Я никогда не хотела быть моделью. Более того – никогда не думала, что смогу влюбиться. Знаю, что любовь может жить только на свободе, но кто сказал тебе, будто я – чья-то невольница? Я – рабыня собственного сердца, а в этом случае гнет невесом, а бремя сладостно. Я выбрала тебя еще раньше, чем ты – меня. Я ввязалась в авантюру, казавшуюся невозможной, и готова была не ропща принять все ее последствия – от предрассудков, до сих пор живущих в обществе, до сложностей с моей собственной семьей… Я преодолела все, чтобы сегодня вечером быть в Каннах рядом с тобой, наслаждаясь победой на великолепном дефиле и зная – будет еще много возможностей. И я обязательно воспользуюсь ими – вместе с тобой.
Подруга вытянулась рядом с нею, положила голову на грудь Жасмин.
– Задуматься обо всем этом меня заставил один человек, которого я встретила там, на ужине. Я была там одна, я растерялась в этом многолюдье, я не знала, что говорить… Спросила, кто он, а он сказал, что потерял свою любовь и пришел сюда, чтобы вернуть ее, но сейчас уже не уверен, что хочет именно этого. Он попросил меня посмотреть по сторонам – нас окружают люди, непреложно уверенные в себе, в своей правоте, в незыблемости своей славы и своих побед. И заметил: «Они ведь не веселятся. Ибо считают, что достигли своей жизненной вершины и, значит, предстоит неизбежный спуск. И он их пугает. А о том, что есть еще целый мир, открытый для покорения, они позабыли. Потому что…»
– Потому что привыкли.
– Вот именно. У них есть все что угодно – и почти совсем не осталось стремлений и желаний. Все их проблемы решены, все проекты одобрены, все предприятия процветают, не требуя никакого вмешательства.
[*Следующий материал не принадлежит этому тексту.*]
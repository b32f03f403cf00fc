-- ===== src/Cache/Written.antt =====
-- `Cache::write` of client_src/cache.cpp as a whole, in terms of positions in the file.
use net_fs.Prelude.{
  ℕ, ◌+◌, ◌-◌, ◌*◌, ◌/◌, ◌%◌, ◌<◌, ◌^◌, ◌>>=◌, max, List, length, get_elem?, ltb, wrap64, Option,
  some, ◌==◌, str_eq, str_eq_iff, nat_eq, string_eq, ◌&&◌, Bool, if◌then◌else◌, find, put, at-find,
  find-put, ok, ◌≡◌, ◌≢◌, ◌⊎◌, refl, ap, subst, ◌∙◌, arith, Bool-cases, inl, inr, true, false,
}
use net_fs.Cache.State.{FileAttr, FileCache, Cache, Backend}
use net_fs.Cache.Blocks.{set_file, block_number, block_offset}
use net_fs.Cache.Valid.{IsValid, find_entry, view}
use net_fs.Cache.Store.{file_facts}
use net_fs.Cache.WriteBlock.{dirty_at}
use net_fs.Cache.Span.{in_span}
use net_fs.Cache.Files.{
  SameBlocks, SameBlocks-IsValid, SameBlocks-view, SameBlocks-dirty_at, SameBlocks-trans,
  set_file-SameBlocks, set_file-other_facts, cache_file_attr_lem, Known,
}
use net_fs.Cache.Ops.{write_loop, grow, cache_file_attr, write}
use net_fs.Cache.Write.{Spread, write_loop_lem}

-- The byte that the cache holds at a position of a file.
unfoldable pub cached_byte : Cache → List ℕ → ℕ → Option ℕ
cached_byte c f pos = view c f (block_number c pos) (block_offset c pos)

-- The cache `c'` is `c` with `buf` written into a file at `offset`.
pub record Written (c c' : Cache) (f : List ℕ) (offset : ℕ) (buf : List ℕ) : Type 0 where
  pub valid : IsValid c'
  pub same_size : c'.block_size ≡ c.block_size
  pub other_facts : (g : List ℕ) → str_eq f g ≡ false → file_facts c' g ≡ file_facts c g
  pub bytes :
      (g : List ℕ) (pos : ℕ)
      → cached_byte c' g pos ≡ (
          if str_eq f g && in_span offset (length buf) pos
          then get_elem? buf (pos - offset)
          else cached_byte c g pos)
  pub stays_dirty : (g : List ℕ) (k : ℕ) → dirty_at c g k ≡ true → dirty_at c' g k ≡ true
  pub becomes_dirty :
      (pos : ℕ) → in_span offset (length buf) pos ≡ true → dirty_at c' f (block_number c pos) ≡ true

-- A file's attributes after a write that ends at `end`.
unfoldable pub grown : ℕ → FileAttr × Bool → FileAttr × Bool
grown end (attr, stale) = (record attr { size = max attr.size end }, stale)

grow-attr :
    (end : ℕ) (fc : FileCache)
    → ((grow end fc).attr, (grow end fc).stale) ≡ grown end (fc.attr, fc.stale)
unfolding grow grown
grow-attr end fc = elim (Bool-cases (ltb fc.attr.size end)) [
  | inl less ↦ let most : max fc.attr.size end ≡ end = ground arith in rw (less, most) refl
  | inr more ↦ let most : max fc.attr.size end ≡ fc.attr.size = ground arith in rw (more, most) refl
]

pub place : (n pos : ℕ) → 0 < n → (pos / n * n + pos % n ≡ pos) × (pos % n < n)
place n pos h = (omega arith, omega arith)

Written-Spread :
    (c c₂ c' : Cache) (f : List ℕ) (offset : ℕ) (buf : List ℕ)
    → 0 < c.block_size
    → SameBlocks c c₂
    → ((g : List ℕ) → str_eq f g ≡ false → file_facts c₂ g ≡ file_facts c g)
    → Spread c₂ c' f offset buf
    → Written c c' f offset buf
unfolding cached_byte view find_entry
Written-Spread c c₂ c' f offset buf positive same facts s = record {
  valid = s.valid;
  same_size = s.same_size ∙ same.same_size;
  other_facts = λ g other. s.same_facts g ∙ facts g other;
  bytes = λ g pos.
      let (at_pos, inner) = place c.block_size pos positive in
      ap (λ (n : ℕ). view c' g (pos / n) (pos % n)) (s.same_size ∙ same.same_size)
      ∙ rw (same.same_size, at_pos) at
          (s.bytes g (pos / c.block_size) (pos % c.block_size) (rw same.same_size inner))
      ∙ rw (SameBlocks-view same g (pos / c.block_size) (pos % c.block_size)) refl;
  stays_dirty = λ g k d. s.stays_dirty g k (SameBlocks-dirty_at same g k ∙ d);
  becomes_dirty = λ pos i.
      let (at_pos, inner) = place c.block_size pos positive in
      s.becomes_dirty (pos / c.block_size) (pos % c.block_size) (rw same.same_size inner)
        (rw (same.same_size, at_pos) i);
}

grow-entries : (end : ℕ) (fc : FileCache) → (grow end fc).entries ≡ fc.entries
unfolding grow
grow-entries end fc = elim (Bool-cases (ltb fc.attr.size end)) [
  | inl less ↦ rw less refl
  | inr more ↦ rw more refl
]

pub file_facts-known :
    (c : Cache) (f : List ℕ) (fc : FileCache)
    → find f c.file_map ≡ some fc
    → file_facts c f ≡ some (fc.attr, fc.stale)
unfolding file_facts
file_facts-known c f fc h = ground arith

put_found : (c : Cache) (f : List ℕ) (fc : FileCache) → find f (put f fc c.file_map) ≡ some fc
put_found c f fc = find-put f f fc c.file_map ∙ rw ((str_eq_iff f f).1 refl) refl

-- The loop of `write`, from a cache with the blocks of `c`.
loop-Written :
    (c c₂ : Cache) (f : List ℕ) (offset : ℕ) (buf : List ℕ) (fc₂ : FileCache)
    → IsValid c
    → SameBlocks c c₂
    → find f c₂.file_map ≡ some fc₂
    → ((g : List ℕ) → str_eq f g ≡ false → file_facts c₂ g ≡ file_facts c g)
    → (c' : Cache) × (write_loop
          (length buf)
          f
          (block_number c₂ offset)
          (block_offset c₂ offset)
          buf
          c₂
        ≡ ok c')
      × Written c c' f offset buf
      × (file_facts c' f ≡ some (fc₂.attr, fc₂.stale))
loop-Written c c₂ f offset buf fc₂ v same known facts =
    let v₂ : IsValid c₂ = SameBlocks-IsValid same v in
    let (at_offset, inner) = place c₂.block_size offset v₂.positive in
    let (c', run, spread) =
      write_loop_lem (length buf) c₂ f (block_number c₂ offset) (block_offset c₂ offset) buf fc₂ v₂
        known inner (omega arith) in
    (
      c',
      run,
      Written-Spread c c₂ c' f offset buf v.positive same facts
          (subst (λ (p : ℕ). Spread c₂ c' f p buf) at_offset spread),
      spread.same_facts f ∙ file_facts-known c₂ f fc₂ known,
    )

module _ {S : Type 0} (backend : Backend S) (f : List ℕ) (offset : ℕ) (buf : List ℕ) (c : Cache)
    (s : S) where
  write_passes :
      (code : ℕ) (s' : S)
      → code ≢ 0
      → cache_file_attr backend f c s ≡ ok (code, c, s')
      → write backend f offset buf c s ≡ ok (code, c, s')
  unfolding write
  write_passes code s' failed h =
      let failed' : (code == 0) ≡ false = ground arith in rw (h, ◌>>=◌, failed') refl

  write_runs :
      (c₁ c' : Cache) (s' : S) (fc : FileCache)
      → cache_file_attr backend f c s ≡ ok (0, c₁, s')
      → find f c₁.file_map ≡ some fc
      → write_loop
          (length buf)
          f
          (block_number c₁ offset)
          (block_offset c₁ offset)
          buf
          (set_file f (grow (wrap64 (offset + length buf)) fc) c₁)
        ≡ ok c'
      → write backend f offset buf c s ≡ ok (0, c', s')
  unfolding write
  write_runs c₁ c' s' fc h found run = rw (h, ◌>>=◌, at-find f c₁.file_map found, run) refl

  -- `Cache::write` of a file whose attributes are known or can be fetched succeeds, whatever the
  -- bytes and the place, if the end of the write is a 64-bit number.
  write_succeeds :
      (c₁ : Cache) (s' : S)
      → IsValid c
      → offset + length buf < 2 ^ 64
      → cache_file_attr backend f c s ≡ ok (0, c₁, s')
      → Known c c₁ f
      → (c' : Cache) × (write backend f offset buf c s ≡ ok (0, c', s'))
        × Written c c' f offset buf
        × (facts : FileAttr × Bool) × (file_facts c₁ f ≡ some facts)
        × (file_facts c' f ≡ some (grown (offset + length buf) facts))
  write_succeeds c₁ s' v small h k =
      let fc₂ : FileCache = grow (wrap64 (offset + length buf)) k.file in
      let same = set_file-SameBlocks c₁ f k.file fc₂ k.found (grow-entries _ k.file) in
      let (c', run, written, facts) =
        loop-Written c (set_file f fc₂ c₁) f offset buf fc₂ v (SameBlocks-trans k.same same)
          (put_found c₁ f fc₂)
          (λ g other. set_file-other_facts c₁ f g fc₂ other ∙ k.other_facts g other) in
      (
        c',
        write_runs c₁ c' s' k.file h k.found run,
        written,
        (k.file.attr, k.file.stale),
        file_facts-known c₁ f k.file k.found,
        facts
            ∙ ap some (
                grow-attr (wrap64 (offset + length buf)) k.file
                ∙ ap (λ (n : ℕ). grown n (k.file.attr, k.file.stale)) (omega arith)),
      )

  -- `Cache::write` on a valid cache, when its end is a 64-bit number. An error code from the fetch
  -- of the attributes is passed on, and the cache does not change. Otherwise the write succeeds,
  -- no assertion fails, and the cache stays valid: it holds the buffer's bytes at their positions
  -- of the file, in dirty blocks, and every other byte of every file as before; a dirty block
  -- stays dirty, the size grows to the end of the write if that is more, and other files'
  -- attributes stay.
  pub write_lem :
      (code : ℕ) (c₁ : Cache) (s' : S)
      → IsValid c
      → offset + length buf < 2 ^ 64
      → cache_file_attr backend f c s ≡ ok (code, c₁, s')
      → ((code ≢ 0) × (write backend f offset buf c s ≡ ok (code, c, s')))
        ⊎ ((code ≡ 0)
            × (c' : Cache) × (write backend f offset buf c s ≡ ok (0, c', s'))
            × Written c c' f offset buf
            × (facts : FileAttr × Bool) × (file_facts c₁ f ≡ some facts)
            × (file_facts c' f ≡ some (grown (offset + length buf) facts)))
  write_lem code c₁ s' v small h = elim (cache_file_attr_lem backend f c s code c₁ s' h) [
    | inl (done, k) ↦
        let (c', run, written, facts, before, after) =
          write_succeeds c₁ s' v small (h ∙ ap (λ (n : ℕ). ok (n, c₁, s')) done) k in
        inr (done, c', run, written, facts, before, after)
    | inr (failed, same) ↦
        inl (failed, write_passes code s' failed (h ∙ ap (λ (d : Cache). ok (code, d, s')) same))
  ]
И этим людям остается лишь бояться перемен, и вот они кочуют с вечеринки на вечеринку, с банкета на банкет – лишь бы только не оставалось времени думать. Лишь бы встречать там одних и тех же людей и полагать поэтому, что все идет по-прежнему. Уверенность заменяет страсть.
– Разденься, – сказала подруга, чтобы хоть что-то ответить.
Жасмин приподнялась, стянула с себя платье и снова юркнула под простыню.
– Ты тоже разденься. И обними меня. Мне нужно чувствовать тебя – сегодня днем показалось, что ты позволишь мне уйти.
Подруга гасит свет, ложится. Жасмин засыпает сразу. А она еще лежит некоторое время без сна, глядя в потолок и думая о том, что девушка девятнадцати лет во всей невинности своей оказывается иногда мудрее взрослой опытной женщины вдвое старше себя. Да, как ни страшно ей, как ни зыбко ее положение, ей волей-неволей придется развиваться и крепнуть. Они нажили себе могущественного врага – ХХ, несомненно, сделает все возможное, чтобы не допустить ее к октябрьской Неделе моды. Прежде всего он попытается купить ее бренд, а поскольку это невозможно – станет дискредитировать ее перед Федерацией, обвиняя в том, что она не сдержала слова.